*** RECORD SET Section Begins ***
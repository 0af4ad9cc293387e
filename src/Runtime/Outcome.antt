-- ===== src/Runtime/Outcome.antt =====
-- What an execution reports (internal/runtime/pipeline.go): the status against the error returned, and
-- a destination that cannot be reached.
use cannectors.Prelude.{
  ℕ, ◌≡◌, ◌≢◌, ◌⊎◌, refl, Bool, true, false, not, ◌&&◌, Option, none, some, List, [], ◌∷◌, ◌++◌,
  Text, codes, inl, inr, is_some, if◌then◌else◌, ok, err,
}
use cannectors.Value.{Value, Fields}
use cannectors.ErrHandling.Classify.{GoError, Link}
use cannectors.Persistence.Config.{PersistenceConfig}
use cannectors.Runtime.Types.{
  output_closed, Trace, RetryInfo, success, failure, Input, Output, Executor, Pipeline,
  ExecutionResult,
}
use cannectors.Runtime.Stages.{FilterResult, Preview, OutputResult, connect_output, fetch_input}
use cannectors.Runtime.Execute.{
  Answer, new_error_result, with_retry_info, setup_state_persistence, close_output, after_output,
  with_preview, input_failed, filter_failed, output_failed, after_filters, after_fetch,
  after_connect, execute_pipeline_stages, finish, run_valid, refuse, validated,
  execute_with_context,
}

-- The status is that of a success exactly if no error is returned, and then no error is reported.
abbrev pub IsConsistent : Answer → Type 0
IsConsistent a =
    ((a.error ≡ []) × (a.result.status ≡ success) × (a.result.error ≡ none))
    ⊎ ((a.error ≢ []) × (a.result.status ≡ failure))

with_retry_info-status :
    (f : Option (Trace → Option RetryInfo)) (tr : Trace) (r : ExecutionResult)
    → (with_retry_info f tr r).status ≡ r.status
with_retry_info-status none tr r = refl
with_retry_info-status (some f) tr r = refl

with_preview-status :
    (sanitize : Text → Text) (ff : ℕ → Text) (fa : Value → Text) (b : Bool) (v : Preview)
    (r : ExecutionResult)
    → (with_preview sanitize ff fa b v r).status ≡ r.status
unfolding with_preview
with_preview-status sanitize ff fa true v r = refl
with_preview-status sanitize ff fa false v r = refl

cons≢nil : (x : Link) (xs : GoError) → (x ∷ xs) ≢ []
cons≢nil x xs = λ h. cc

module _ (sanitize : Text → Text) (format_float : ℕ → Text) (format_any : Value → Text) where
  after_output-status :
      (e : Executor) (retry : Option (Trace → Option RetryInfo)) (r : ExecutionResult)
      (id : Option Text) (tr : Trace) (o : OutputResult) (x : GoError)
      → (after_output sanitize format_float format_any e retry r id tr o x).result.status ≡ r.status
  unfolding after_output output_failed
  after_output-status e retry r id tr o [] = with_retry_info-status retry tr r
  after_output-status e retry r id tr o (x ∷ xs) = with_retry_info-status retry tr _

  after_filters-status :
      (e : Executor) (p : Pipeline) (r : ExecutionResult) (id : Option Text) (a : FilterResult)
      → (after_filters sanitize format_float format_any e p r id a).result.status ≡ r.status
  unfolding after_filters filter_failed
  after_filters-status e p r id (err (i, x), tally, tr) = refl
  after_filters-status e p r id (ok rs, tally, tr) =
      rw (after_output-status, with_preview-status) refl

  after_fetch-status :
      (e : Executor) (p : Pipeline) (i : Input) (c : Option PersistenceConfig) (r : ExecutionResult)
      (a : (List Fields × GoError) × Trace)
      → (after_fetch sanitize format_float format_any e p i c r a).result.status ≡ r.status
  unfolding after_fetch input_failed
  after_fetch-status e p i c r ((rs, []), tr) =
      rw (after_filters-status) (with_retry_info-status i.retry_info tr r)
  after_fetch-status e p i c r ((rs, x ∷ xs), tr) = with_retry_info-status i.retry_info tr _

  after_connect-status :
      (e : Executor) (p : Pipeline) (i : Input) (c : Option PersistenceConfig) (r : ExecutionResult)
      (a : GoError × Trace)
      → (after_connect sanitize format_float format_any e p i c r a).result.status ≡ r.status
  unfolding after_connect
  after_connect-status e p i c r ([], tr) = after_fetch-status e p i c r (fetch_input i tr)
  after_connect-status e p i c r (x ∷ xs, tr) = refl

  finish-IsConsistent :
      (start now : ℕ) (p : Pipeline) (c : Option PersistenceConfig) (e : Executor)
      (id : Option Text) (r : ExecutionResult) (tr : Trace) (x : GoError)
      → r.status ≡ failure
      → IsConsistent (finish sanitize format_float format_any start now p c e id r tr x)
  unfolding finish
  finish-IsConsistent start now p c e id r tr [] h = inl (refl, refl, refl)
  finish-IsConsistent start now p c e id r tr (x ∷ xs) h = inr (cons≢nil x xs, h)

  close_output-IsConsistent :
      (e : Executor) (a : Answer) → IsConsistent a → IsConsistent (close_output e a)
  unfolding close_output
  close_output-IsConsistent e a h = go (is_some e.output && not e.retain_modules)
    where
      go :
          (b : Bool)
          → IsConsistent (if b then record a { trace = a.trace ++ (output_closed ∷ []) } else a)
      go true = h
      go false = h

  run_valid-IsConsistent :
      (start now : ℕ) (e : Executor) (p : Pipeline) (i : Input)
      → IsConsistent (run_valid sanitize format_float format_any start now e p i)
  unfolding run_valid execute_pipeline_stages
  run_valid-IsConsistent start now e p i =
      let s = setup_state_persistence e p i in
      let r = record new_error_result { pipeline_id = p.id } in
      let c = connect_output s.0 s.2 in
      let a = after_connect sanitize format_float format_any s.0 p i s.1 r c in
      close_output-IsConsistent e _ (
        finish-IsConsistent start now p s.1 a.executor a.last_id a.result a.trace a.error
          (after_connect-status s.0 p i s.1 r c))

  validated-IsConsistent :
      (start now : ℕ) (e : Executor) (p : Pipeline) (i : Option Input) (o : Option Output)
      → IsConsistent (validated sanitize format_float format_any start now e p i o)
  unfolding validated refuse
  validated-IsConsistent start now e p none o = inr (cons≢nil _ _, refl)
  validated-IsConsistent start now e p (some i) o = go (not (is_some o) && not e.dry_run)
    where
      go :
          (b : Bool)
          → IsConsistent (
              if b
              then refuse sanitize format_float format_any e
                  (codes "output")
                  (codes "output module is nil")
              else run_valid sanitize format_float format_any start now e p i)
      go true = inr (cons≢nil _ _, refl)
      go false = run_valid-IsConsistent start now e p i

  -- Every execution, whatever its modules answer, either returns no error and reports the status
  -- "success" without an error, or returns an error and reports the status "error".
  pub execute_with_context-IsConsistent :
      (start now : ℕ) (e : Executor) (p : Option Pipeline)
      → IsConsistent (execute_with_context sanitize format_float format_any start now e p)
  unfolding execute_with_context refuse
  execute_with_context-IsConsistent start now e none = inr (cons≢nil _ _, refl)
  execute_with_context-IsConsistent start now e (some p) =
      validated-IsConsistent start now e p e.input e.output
*** RECORD SET Section Ends ***
*** RECORD SET Section Begins ***
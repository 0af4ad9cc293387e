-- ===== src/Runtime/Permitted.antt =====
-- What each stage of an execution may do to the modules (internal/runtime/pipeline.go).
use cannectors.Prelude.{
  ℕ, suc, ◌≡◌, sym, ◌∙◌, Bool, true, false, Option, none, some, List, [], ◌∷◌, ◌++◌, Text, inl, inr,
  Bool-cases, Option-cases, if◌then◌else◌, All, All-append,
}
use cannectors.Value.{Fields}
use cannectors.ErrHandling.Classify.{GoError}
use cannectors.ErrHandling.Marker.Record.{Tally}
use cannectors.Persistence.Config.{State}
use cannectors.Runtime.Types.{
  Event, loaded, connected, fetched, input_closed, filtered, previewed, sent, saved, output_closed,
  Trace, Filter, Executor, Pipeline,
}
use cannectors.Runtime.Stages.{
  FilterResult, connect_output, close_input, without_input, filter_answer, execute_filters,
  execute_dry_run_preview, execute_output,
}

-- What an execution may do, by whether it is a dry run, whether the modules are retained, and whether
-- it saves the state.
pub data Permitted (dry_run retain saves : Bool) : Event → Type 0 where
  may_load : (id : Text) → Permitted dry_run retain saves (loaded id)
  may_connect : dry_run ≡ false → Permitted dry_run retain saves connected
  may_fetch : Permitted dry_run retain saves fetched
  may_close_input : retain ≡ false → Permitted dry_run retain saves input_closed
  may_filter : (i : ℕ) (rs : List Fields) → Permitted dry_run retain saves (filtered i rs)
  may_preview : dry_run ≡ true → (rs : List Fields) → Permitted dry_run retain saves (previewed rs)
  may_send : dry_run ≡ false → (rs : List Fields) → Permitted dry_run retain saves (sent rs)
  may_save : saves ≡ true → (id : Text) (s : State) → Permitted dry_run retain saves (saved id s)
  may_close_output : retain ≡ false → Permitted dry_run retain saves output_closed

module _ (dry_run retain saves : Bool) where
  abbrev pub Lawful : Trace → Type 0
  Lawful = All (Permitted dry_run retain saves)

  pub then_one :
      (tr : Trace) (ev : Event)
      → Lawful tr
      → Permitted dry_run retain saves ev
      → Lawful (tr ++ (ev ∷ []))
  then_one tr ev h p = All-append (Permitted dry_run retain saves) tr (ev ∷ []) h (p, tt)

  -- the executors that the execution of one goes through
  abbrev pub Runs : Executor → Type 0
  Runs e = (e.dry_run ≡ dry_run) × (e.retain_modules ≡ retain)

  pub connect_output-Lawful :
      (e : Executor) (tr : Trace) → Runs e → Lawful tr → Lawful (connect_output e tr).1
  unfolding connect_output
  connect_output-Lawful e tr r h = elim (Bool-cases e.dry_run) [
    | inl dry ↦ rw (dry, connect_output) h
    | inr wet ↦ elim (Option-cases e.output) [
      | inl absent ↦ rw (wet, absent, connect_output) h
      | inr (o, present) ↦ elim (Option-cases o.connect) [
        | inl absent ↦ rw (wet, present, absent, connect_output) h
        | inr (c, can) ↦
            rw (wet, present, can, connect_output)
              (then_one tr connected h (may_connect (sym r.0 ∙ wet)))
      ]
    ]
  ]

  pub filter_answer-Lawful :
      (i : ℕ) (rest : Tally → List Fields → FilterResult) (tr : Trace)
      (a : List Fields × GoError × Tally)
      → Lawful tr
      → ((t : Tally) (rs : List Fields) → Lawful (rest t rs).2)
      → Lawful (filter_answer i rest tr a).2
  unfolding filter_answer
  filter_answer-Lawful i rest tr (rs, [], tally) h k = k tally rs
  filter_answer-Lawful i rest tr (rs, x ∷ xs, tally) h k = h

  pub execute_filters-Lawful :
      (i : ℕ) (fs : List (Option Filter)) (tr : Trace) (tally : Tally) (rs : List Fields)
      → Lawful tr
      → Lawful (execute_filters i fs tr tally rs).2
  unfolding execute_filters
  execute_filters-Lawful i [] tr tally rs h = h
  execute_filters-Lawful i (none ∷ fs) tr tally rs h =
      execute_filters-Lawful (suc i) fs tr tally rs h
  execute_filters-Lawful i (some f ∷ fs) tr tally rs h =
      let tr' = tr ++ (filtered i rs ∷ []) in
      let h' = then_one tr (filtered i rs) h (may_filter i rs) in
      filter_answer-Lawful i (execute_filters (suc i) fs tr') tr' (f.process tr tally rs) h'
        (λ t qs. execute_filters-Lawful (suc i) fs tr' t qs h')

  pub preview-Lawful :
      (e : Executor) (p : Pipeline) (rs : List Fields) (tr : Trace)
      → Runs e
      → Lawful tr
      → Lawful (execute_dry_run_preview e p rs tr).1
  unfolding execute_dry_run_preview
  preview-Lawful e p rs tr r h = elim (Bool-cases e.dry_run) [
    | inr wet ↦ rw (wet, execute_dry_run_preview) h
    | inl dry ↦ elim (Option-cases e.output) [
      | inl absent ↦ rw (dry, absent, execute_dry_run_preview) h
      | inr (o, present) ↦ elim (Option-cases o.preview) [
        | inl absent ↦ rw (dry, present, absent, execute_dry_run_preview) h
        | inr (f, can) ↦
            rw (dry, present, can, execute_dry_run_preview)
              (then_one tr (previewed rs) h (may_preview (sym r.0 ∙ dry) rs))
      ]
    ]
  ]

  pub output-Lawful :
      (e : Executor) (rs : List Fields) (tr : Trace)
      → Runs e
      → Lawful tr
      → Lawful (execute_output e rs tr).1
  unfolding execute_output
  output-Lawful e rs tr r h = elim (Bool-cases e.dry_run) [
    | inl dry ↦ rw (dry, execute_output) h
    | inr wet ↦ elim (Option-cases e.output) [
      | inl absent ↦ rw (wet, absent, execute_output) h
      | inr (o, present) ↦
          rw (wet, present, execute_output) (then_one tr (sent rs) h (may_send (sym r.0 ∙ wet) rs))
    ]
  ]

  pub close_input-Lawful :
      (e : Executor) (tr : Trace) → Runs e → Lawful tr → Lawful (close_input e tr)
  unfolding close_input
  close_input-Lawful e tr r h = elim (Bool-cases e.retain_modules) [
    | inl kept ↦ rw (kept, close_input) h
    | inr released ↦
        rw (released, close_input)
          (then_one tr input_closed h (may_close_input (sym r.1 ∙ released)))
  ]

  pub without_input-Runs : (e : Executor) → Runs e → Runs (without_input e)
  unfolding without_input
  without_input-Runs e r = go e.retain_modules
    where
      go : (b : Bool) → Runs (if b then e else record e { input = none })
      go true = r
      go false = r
*** RECORD SET Section Ends ***
Search the listing above for the lines with "(o : Option Output)" and "validated-IsConsistent start now e p e.input", then output those lines and all lines between them exactly.

      (start now : ℕ) (e : Executor) (p : Pipeline) (i : Option Input) (o : Option Output)
      → IsConsistent (validated sanitize format_float format_any start now e p i o)
  unfolding validated refuse
  validated-IsConsistent start now e p none o = inr (cons≢nil _ _, refl)
  validated-IsConsistent start now e p (some i) o = go (not (is_some o) && not e.dry_run)
    where
      go :
          (b : Bool)
          → IsConsistent (
              if b
              then refuse sanitize format_float format_any e
                  (codes "output")
                  (codes "output module is nil")
              else run_valid sanitize format_float format_any start now e p i)
      go true = inr (cons≢nil _ _, refl)
      go false = run_valid-IsConsistent start now e p i

  -- Every execution, whatever its modules answer, either returns no error and reports the status
  -- "success" without an error, or returns an error and reports the status "error".
  pub execute_with_context-IsConsistent :
      (start now : ℕ) (e : Executor) (p : Option Pipeline)
      → IsConsistent (execute_with_context sanitize format_float format_any start now e p)
  unfolding execute_with_context refuse
  execute_with_context-IsConsistent start now e none = inr (cons≢nil _ _, refl)
  execute_with_context-IsConsistent start now e (some p) =
      validated-IsConsistent start now e p e.input e.output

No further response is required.